Data excerpts

· · ·

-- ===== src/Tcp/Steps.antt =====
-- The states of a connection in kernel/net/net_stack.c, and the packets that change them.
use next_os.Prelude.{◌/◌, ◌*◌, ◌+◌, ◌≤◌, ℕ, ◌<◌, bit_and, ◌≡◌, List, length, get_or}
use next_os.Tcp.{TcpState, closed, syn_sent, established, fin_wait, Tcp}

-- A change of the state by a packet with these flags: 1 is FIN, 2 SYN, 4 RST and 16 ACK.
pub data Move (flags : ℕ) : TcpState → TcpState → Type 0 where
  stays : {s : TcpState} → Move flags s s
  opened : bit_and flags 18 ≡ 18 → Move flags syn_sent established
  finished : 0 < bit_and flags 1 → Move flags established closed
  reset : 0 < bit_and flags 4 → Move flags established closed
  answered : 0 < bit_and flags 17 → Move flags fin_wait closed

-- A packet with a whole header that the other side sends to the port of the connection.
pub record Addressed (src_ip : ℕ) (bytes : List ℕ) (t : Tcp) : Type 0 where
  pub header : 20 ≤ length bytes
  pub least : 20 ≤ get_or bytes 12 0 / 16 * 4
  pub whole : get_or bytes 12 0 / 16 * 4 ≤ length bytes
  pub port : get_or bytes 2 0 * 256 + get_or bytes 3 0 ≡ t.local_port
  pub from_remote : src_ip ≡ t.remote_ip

· · ·

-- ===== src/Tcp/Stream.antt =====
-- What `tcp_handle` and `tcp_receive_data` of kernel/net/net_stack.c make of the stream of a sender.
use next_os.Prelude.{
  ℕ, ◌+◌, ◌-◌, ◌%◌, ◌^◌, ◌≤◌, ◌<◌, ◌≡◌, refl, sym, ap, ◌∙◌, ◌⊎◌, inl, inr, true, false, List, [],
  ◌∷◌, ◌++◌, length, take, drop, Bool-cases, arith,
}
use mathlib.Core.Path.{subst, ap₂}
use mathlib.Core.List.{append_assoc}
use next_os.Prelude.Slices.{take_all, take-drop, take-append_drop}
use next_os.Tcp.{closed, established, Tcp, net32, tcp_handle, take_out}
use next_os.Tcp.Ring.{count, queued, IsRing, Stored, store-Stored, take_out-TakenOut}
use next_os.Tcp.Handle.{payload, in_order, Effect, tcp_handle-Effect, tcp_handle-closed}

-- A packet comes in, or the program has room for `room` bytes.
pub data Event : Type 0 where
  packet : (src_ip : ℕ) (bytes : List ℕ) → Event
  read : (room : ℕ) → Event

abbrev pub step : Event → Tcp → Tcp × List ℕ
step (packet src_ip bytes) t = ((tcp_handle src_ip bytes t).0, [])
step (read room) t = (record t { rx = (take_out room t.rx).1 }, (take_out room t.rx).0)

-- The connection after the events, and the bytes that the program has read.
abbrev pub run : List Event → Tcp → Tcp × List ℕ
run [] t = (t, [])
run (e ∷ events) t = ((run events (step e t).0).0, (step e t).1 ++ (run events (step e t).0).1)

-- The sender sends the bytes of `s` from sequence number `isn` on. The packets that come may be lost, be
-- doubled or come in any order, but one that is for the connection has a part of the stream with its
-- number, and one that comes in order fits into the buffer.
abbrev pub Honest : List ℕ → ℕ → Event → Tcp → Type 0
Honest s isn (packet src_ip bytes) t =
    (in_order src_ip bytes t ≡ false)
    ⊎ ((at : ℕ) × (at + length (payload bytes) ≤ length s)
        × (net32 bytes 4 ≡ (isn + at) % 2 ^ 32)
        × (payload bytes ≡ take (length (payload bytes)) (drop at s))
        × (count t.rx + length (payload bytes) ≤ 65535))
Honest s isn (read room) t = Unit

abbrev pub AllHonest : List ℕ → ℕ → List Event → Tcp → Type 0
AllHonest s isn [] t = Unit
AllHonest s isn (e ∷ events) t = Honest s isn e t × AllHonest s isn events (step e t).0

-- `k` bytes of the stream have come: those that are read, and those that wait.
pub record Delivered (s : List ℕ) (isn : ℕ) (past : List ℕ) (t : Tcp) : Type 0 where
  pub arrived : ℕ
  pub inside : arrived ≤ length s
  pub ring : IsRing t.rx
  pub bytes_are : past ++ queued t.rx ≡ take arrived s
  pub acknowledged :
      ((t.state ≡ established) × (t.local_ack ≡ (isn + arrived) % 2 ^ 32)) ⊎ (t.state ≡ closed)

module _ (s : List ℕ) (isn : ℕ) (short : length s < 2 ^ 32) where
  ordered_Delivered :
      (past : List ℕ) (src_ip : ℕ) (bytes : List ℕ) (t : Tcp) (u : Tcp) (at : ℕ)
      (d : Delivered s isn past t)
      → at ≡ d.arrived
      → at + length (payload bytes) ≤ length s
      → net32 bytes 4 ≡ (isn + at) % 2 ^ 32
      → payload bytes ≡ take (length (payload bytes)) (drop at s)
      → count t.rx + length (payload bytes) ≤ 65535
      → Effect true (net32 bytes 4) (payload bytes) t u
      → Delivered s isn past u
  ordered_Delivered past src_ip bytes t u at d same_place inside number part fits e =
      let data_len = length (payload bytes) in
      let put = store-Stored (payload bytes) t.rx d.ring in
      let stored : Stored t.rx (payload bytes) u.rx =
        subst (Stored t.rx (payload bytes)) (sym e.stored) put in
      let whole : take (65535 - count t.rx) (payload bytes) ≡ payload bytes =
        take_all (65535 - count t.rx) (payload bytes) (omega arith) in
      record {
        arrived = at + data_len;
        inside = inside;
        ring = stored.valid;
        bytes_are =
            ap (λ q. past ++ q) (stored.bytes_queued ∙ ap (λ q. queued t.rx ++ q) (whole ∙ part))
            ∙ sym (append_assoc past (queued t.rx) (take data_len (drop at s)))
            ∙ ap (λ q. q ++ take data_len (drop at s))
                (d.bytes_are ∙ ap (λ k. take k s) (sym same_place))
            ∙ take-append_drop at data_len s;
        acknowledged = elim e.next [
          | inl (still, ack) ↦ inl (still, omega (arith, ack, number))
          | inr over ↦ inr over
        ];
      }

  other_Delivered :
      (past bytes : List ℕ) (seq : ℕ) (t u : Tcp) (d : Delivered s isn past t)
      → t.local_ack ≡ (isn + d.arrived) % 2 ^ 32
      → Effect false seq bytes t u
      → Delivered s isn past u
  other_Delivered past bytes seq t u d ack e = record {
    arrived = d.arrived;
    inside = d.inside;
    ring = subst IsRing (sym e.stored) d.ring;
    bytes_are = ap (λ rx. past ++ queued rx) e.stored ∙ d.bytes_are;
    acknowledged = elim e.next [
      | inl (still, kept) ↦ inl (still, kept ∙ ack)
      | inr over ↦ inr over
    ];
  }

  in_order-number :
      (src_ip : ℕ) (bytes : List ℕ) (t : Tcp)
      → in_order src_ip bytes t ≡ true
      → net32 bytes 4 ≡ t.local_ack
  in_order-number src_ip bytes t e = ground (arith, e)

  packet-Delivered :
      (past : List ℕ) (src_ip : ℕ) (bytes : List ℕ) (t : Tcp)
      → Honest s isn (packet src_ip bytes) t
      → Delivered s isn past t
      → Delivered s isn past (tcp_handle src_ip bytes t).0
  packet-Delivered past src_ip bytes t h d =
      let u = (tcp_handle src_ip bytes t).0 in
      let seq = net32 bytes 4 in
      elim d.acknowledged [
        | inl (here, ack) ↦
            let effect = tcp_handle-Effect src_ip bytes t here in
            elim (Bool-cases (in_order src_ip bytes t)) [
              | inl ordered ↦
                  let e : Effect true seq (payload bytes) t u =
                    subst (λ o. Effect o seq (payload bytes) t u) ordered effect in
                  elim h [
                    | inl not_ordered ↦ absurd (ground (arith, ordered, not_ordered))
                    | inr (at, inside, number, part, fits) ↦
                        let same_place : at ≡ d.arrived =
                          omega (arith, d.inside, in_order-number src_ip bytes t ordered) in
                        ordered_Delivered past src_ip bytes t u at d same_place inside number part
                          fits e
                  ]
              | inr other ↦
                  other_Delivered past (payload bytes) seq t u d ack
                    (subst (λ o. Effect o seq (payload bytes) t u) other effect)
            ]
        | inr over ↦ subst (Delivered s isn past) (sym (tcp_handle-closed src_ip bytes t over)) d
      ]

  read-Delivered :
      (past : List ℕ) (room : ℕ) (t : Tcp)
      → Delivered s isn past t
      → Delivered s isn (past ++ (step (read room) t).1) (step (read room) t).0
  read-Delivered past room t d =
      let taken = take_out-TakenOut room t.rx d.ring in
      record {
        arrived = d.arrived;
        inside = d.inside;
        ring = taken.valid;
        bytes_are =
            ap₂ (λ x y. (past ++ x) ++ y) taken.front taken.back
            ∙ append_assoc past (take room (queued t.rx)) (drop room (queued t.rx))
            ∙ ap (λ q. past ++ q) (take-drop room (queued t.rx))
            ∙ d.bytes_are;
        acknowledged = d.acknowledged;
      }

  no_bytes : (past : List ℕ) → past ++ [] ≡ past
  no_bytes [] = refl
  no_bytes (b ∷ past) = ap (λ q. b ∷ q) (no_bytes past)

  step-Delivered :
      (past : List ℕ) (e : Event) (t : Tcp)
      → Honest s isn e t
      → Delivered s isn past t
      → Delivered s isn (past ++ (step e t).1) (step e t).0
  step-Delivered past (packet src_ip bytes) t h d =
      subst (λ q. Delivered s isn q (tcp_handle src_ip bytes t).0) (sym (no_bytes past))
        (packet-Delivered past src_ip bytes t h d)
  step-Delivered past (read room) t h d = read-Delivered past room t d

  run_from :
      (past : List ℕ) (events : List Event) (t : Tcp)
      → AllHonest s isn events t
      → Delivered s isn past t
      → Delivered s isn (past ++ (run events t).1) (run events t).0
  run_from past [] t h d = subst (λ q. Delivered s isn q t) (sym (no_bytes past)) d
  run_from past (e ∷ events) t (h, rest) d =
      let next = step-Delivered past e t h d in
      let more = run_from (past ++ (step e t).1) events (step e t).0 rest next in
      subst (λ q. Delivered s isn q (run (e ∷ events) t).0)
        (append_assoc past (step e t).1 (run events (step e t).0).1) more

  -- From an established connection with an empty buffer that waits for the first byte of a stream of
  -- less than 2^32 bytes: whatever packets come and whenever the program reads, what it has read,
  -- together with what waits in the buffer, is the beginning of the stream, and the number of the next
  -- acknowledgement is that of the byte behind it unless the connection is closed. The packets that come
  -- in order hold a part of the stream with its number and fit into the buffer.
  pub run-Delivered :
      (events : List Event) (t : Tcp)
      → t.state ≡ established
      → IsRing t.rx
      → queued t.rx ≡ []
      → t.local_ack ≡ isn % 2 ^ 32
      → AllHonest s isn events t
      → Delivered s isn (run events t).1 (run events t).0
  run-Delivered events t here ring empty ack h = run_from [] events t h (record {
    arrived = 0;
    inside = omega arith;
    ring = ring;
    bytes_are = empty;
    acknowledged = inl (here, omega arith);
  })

· · ·

▶ Exercise brief:
Reproduce, word for word and in full, only the lines above that start at the line with "-- A packet comes" and run through the line with "bytes)) (drop at s))", both ends included.

▶ Expected output:
-- A packet comes in, or the program has room for `room` bytes.
pub data Event : Type 0 where
  packet : (src_ip : ℕ) (bytes : List ℕ) → Event
  read : (room : ℕ) → Event

abbrev pub step : Event → Tcp → Tcp × List ℕ
step (packet src_ip bytes) t = ((tcp_handle src_ip bytes t).0, [])
step (read room) t = (record t { rx = (take_out room t.rx).1 }, (take_out room t.rx).0)

-- The connection after the events, and the bytes that the program has read.
abbrev pub run : List Event → Tcp → Tcp × List ℕ
run [] t = (t, [])
run (e ∷ events) t = ((run events (step e t).0).0, (step e t).1 ++ (run events (step e t).0).1)

-- The sender sends the bytes of `s` from sequence number `isn` on. The packets that come may be lost, be
-- doubled or come in any order, but one that is for the connection has a part of the stream with its
-- number, and one that comes in order fits into the buffer.
abbrev pub Honest : List ℕ → ℕ → Event → Tcp → Type 0
Honest s isn (packet src_ip bytes) t =
    (in_order src_ip bytes t ≡ false)
    ⊎ ((at : ℕ) × (at + length (payload bytes) ≤ length s)
        × (net32 bytes 4 ≡ (isn + at) % 2 ^ 32)
        × (payload bytes ≡ take (length (payload bytes)) (drop at s))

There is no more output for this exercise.